Top of SUPPLIED RECORDS
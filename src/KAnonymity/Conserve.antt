-- ===== src/KAnonymity/Conserve.antt =====
-- Merging small cohorts into a large one loses nobody.
use angavu_intelligence_back.Common.{
  ℕ, suc, ◌+◌, ◌≤◌, ◌≡◌, inl, inr, refl, subst, ◌∙◌, Bool, true, false, ◌||◌, none, some, List, [],
  ◌∷◌, ◌++◌, String, str_eq, str_eq_iff, str_eq_refl, length, retain, All, if◌then◌else◌,
  Bool-cases, Option-cases, arith,
}
use angavu_intelligence_back.KAnonymity.{KAnonymityEnforcer}
use angavu_intelligence_back.KAnonymity.Cohorts.{
  Cohorts, absorb, nearest, get, remove, extend, merge_one, merge_all, small_cohorts,
  merge_small_cohorts,
}

-- How often a person stands in a list, and in all the cohorts together.
abbrev count : String → List String → ℕ
count a [] = 0
count a (b ∷ bs) = let rest = count a bs in if str_eq b a then suc rest else rest

abbrev pub occurrences : String → Cohorts → ℕ
occurrences a [] = 0
occurrences a ((_, members) ∷ m) = count a members + occurrences a m

abbrev Fresh : String → Cohorts → Type 0
Fresh key = All (λ e. str_eq e.0 key ≡ false)

-- A key stands once, as in a map.
abbrev pub Distinct : Cohorts → Type 0
Distinct [] = Unit
Distinct ((key, _) ∷ m) = Fresh key m × Distinct m

count-append : (a : String) (xs ys : List String) → count a (xs ++ ys) ≡ count a xs + count a ys
count-append a [] ys = omega arith
count-append a (x ∷ xs) ys = ground (arith, count-append a xs ys)

remove-Fresh : (key : String) (m : Cohorts) → Fresh key m → remove key m ≡ m
unfolding remove retain
remove-Fresh key [] h = refl
remove-Fresh key (e ∷ m) h = ground (arith, remove-Fresh key m h.1)

Fresh-remove : (k key : String) (m : Cohorts) → Fresh k m → Fresh k (remove key m)
unfolding remove retain
Fresh-remove k key [] h = tt
Fresh-remove k key (e ∷ m) h = ground (arith, Fresh-remove k key m h.1)

Distinct-remove : (key : String) (m : Cohorts) → Distinct m → Distinct (remove key m)
unfolding remove retain
Distinct-remove key [] h = tt
Distinct-remove key ((j, old) ∷ m) h =
    ground (arith, Distinct-remove key m h.1, Fresh-remove j key m h.0)

Fresh-extend :
    (k target : String) (members : List String) (m : Cohorts)
    → Fresh k m
    → Fresh k (extend target members m)
unfolding extend
Fresh-extend k target members [] h = tt
Fresh-extend k target members ((j, old) ∷ m) h = (h.0, Fresh-extend k target members m h.1)

Distinct-extend :
    (target : String) (members : List String) (m : Cohorts)
    → Distinct m
    → Distinct (extend target members m)
unfolding extend
Distinct-extend target members [] h = tt
Distinct-extend target members ((j, old) ∷ m) h =
    (Fresh-extend j target members m h.0, Distinct-extend target members m h.1)

Fresh-eq : (j key : String) (m : Cohorts) → str_eq j key ≡ true → Fresh j m → Fresh key m
Fresh-eq j key m e h = subst (λ k. Fresh k m) ((str_eq_iff j key).0 e) h

occurrences-remove :
    (a key : String) (members : List String) (m : Cohorts)
    → Distinct m
    → get key m ≡ some members
    → occurrences a (remove key m) + count a members ≡ occurrences a m
unfolding get remove retain
occurrences-remove a key members [] d g = absurd (ground arith)
occurrences-remove a key members ((j, old) ∷ m) d g = elim (Bool-cases (str_eq j key)) [
  | inl here ↦ ground (arith, remove-Fresh key m (Fresh-eq j key m here d.0))
  | inr there ↦ ground (arith, occurrences-remove a key members m d.1)
]

extend-Fresh :
    (a target : String) (members : List String) (m : Cohorts)
    → Fresh target m
    → extend target members m ≡ m
unfolding extend
extend-Fresh a target members [] h = refl
extend-Fresh a target members ((j, old) ∷ m) h = ground (arith, extend-Fresh a target members m h.1)

abbrev has_key : String → Cohorts → Bool
has_key k [] = false
has_key k ((j, _) ∷ m) = str_eq j k || has_key k m

occurrences-extend :
    (a target : String) (members : List String) (m : Cohorts)
    → Distinct m
    → has_key target m ≡ true
    → occurrences a (extend target members m) ≡ occurrences a m + count a members
unfolding extend
occurrences-extend a target members [] d g = absurd (ground arith)
occurrences-extend a target members ((j, old) ∷ m) d g = elim (Bool-cases (str_eq j target)) [
  | inl here ↦ ground (
    arith,
    extend-Fresh a target members m (Fresh-eq j target m here d.0),
    count-append a old members,
  )
  | inr there ↦ ground (arith, occurrences-extend a target members m d.1)
]

nearest-has_key :
    (key target : String) (m : Cohorts) → nearest key m ≡ some target → has_key target m ≡ true
unfolding nearest
nearest-has_key key target [] h = absurd (ground arith)
nearest-has_key key target (e ∷ m) h = elim (Option-cases (nearest key m)) [
  | inl n ↦ ground (arith, str_eq_refl target)
  | inr (best, n) ↦
      ground (arith, nearest-has_key key best m n, str_eq_refl e.0, str_eq_refl target)
]

nearest-none : (key k : String) (m : Cohorts) → nearest key m ≡ none → has_key k m ≡ false
unfolding nearest
nearest-none key k [] h = refl
nearest-none key k (e ∷ m) h = absurd (ground arith)

has_key-remove :
    (k key : String) (m : Cohorts)
    → str_eq k key ≡ false
    → has_key k m ≡ true
    → has_key k (remove key m) ≡ true
unfolding remove retain
has_key-remove k key [] d h = h
has_key-remove k key ((j, old) ∷ m) d h =
    ground (arith, has_key-remove k key m d, str_eq_iff j k, str_eq_iff j key, str_eq_iff k key)

has_key-extend :
    (k target : String) (members : List String) (m : Cohorts)
    → has_key k (extend target members m) ≡ has_key k m
unfolding extend
has_key-extend k target members [] = refl
has_key-extend k target members ((j, old) ∷ m) = ground (arith, has_key-extend k target members m)

-- What one round keeps, while some cohort with another key stays: the map, that cohort, everybody.
record Kept (a big : String) (m m' : Cohorts) : Type 0 where
  distinct : Distinct m'
  anchor : has_key big m' ≡ true
  everybody : occurrences a m' ≡ occurrences a m

absorb-Kept :
    (a big key : String) (members : List String) (m : Cohorts)
    → Distinct m
    → has_key big m ≡ true
    → str_eq big key ≡ false
    → get key m ≡ some members
    → Kept a big m (absorb members (remove key m) (nearest key (remove key m)))
unfolding absorb
absorb-Kept a big key members m d here other g =
    let rest = remove key m in
    let stays = has_key-remove big key m other here in
    elim (Option-cases (nearest key rest)) [
      | inl n ↦ absurd (ground (arith, nearest-none key big rest n))
      | inr (target, n) ↦ rw n (record {
        distinct = Distinct-extend target members rest (Distinct-remove key m d);
        anchor = has_key-extend big target members rest ∙ stays;
        everybody =
            occurrences-extend a target members rest (Distinct-remove key m d)
              (nearest-has_key key target rest n)
            ∙ occurrences-remove a key members m d g;
      })
    ]

merge_one-Kept :
    (a big key : String) (m : Cohorts)
    → Distinct m
    → has_key big m ≡ true
    → str_eq big key ≡ false
    → Kept a big m (merge_one key m)
unfolding merge_one
merge_one-Kept a big key m d here other = elim (Option-cases (get key m)) [
  | inl n ↦ rw (n, merge_one) (record { distinct = d; anchor = here; everybody = refl })
  | inr (members, g) ↦ rw (g, merge_one) (absorb-Kept a big key members m d here other g)
]

abbrev listed : String → List String → Bool
listed k [] = false
listed k (j ∷ js) = str_eq k j || listed k js

merge_all-Kept :
    (a big : String) (keys : List String) (m : Cohorts)
    → Distinct m
    → has_key big m ≡ true
    → listed big keys ≡ false
    → Kept a big m (merge_all keys m)
unfolding merge_all
merge_all-Kept a big [] m d here l = record { distinct = d; anchor = here; everybody = refl }
merge_all-Kept a big (key ∷ keys) m d here l =
    let one = merge_one-Kept a big key m d here (ground arith) in
    let rest = merge_all-Kept a big keys (merge_one key m) one.distinct one.anchor (ground arith) in
    record {
      distinct = rest.distinct;
      anchor = rest.anchor;
      everybody = rest.everybody ∙ one.everybody;
    }

get-has_key :
    (k : String) (members : List String) (m : Cohorts) → get k m ≡ some members → has_key k m ≡ true
unfolding get
get-has_key k members [] g = absurd (ground arith)
get-has_key k members ((j, old) ∷ m) g = ground (arith, get-has_key k members m)

Fresh-listed :
    (k : ℕ) (big : String) (m : Cohorts) → Fresh big m → listed big (small_cohorts k m) ≡ false
unfolding small_cohorts
Fresh-listed k big [] h = refl
Fresh-listed k big ((j, old) ∷ m) h =
    ground (arith, Fresh-listed k big m h.1, str_eq_iff big j, str_eq_iff j big)

large-listed :
    (k : ℕ) (big : String) (members : List String) (m : Cohorts)
    → Distinct m
    → get big m ≡ some members
    → k ≤ length members
    → listed big (small_cohorts k m) ≡ false
unfolding small_cohorts get
large-listed k big members [] d g h = refl
large-listed k big members ((j, old) ∷ m) d g h = elim (Bool-cases (str_eq j big)) [
  | inl here ↦ ground (arith, Fresh-listed k big m (Fresh-eq j big m here d.0))
  | inr there ↦ ground (arith, large-listed k big members m d.1, str_eq_iff big j, str_eq_iff j big)
]

-- Where some cohort has k members or more, and each key stands once, merging loses and invents
-- nobody: every person stands in the cohorts as often as before.
pub merge_small_cohorts-occurrences :
    (enforcer : KAnonymityEnforcer) (m : Cohorts) (big a : String) (members : List String)
    → Distinct m
    → get big m ≡ some members
    → enforcer.k ≤ length members
    → occurrences a (merge_small_cohorts enforcer m) ≡ occurrences a m
unfolding merge_small_cohorts
merge_small_cohorts-occurrences enforcer m big a members d g h =
    let kept =
      merge_all-Kept a big (small_cohorts enforcer.k m) m d (get-has_key big members m g)
        (large-listed enforcer.k big members m d g h) in
    kept.everybody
Bottom of SUPPLIED RECORDS
Retype, exactly and in full, the lines above from the one containing "members m d g;" through the one containing "rw (n, merge_one)".

            ∙ occurrences-remove a key members m d g;
      })
    ]

merge_one-Kept :
    (a big key : String) (m : Cohorts)
    → Distinct m
    → has_key big m ≡ true
    → str_eq big key ≡ false
    → Kept a big m (merge_one key m)
unfolding merge_one
merge_one-Kept a big key m d here other = elim (Option-cases (get key m)) [
  | inl n ↦ rw (n, merge_one) (record { distinct = d; anchor = here; everybody = refl })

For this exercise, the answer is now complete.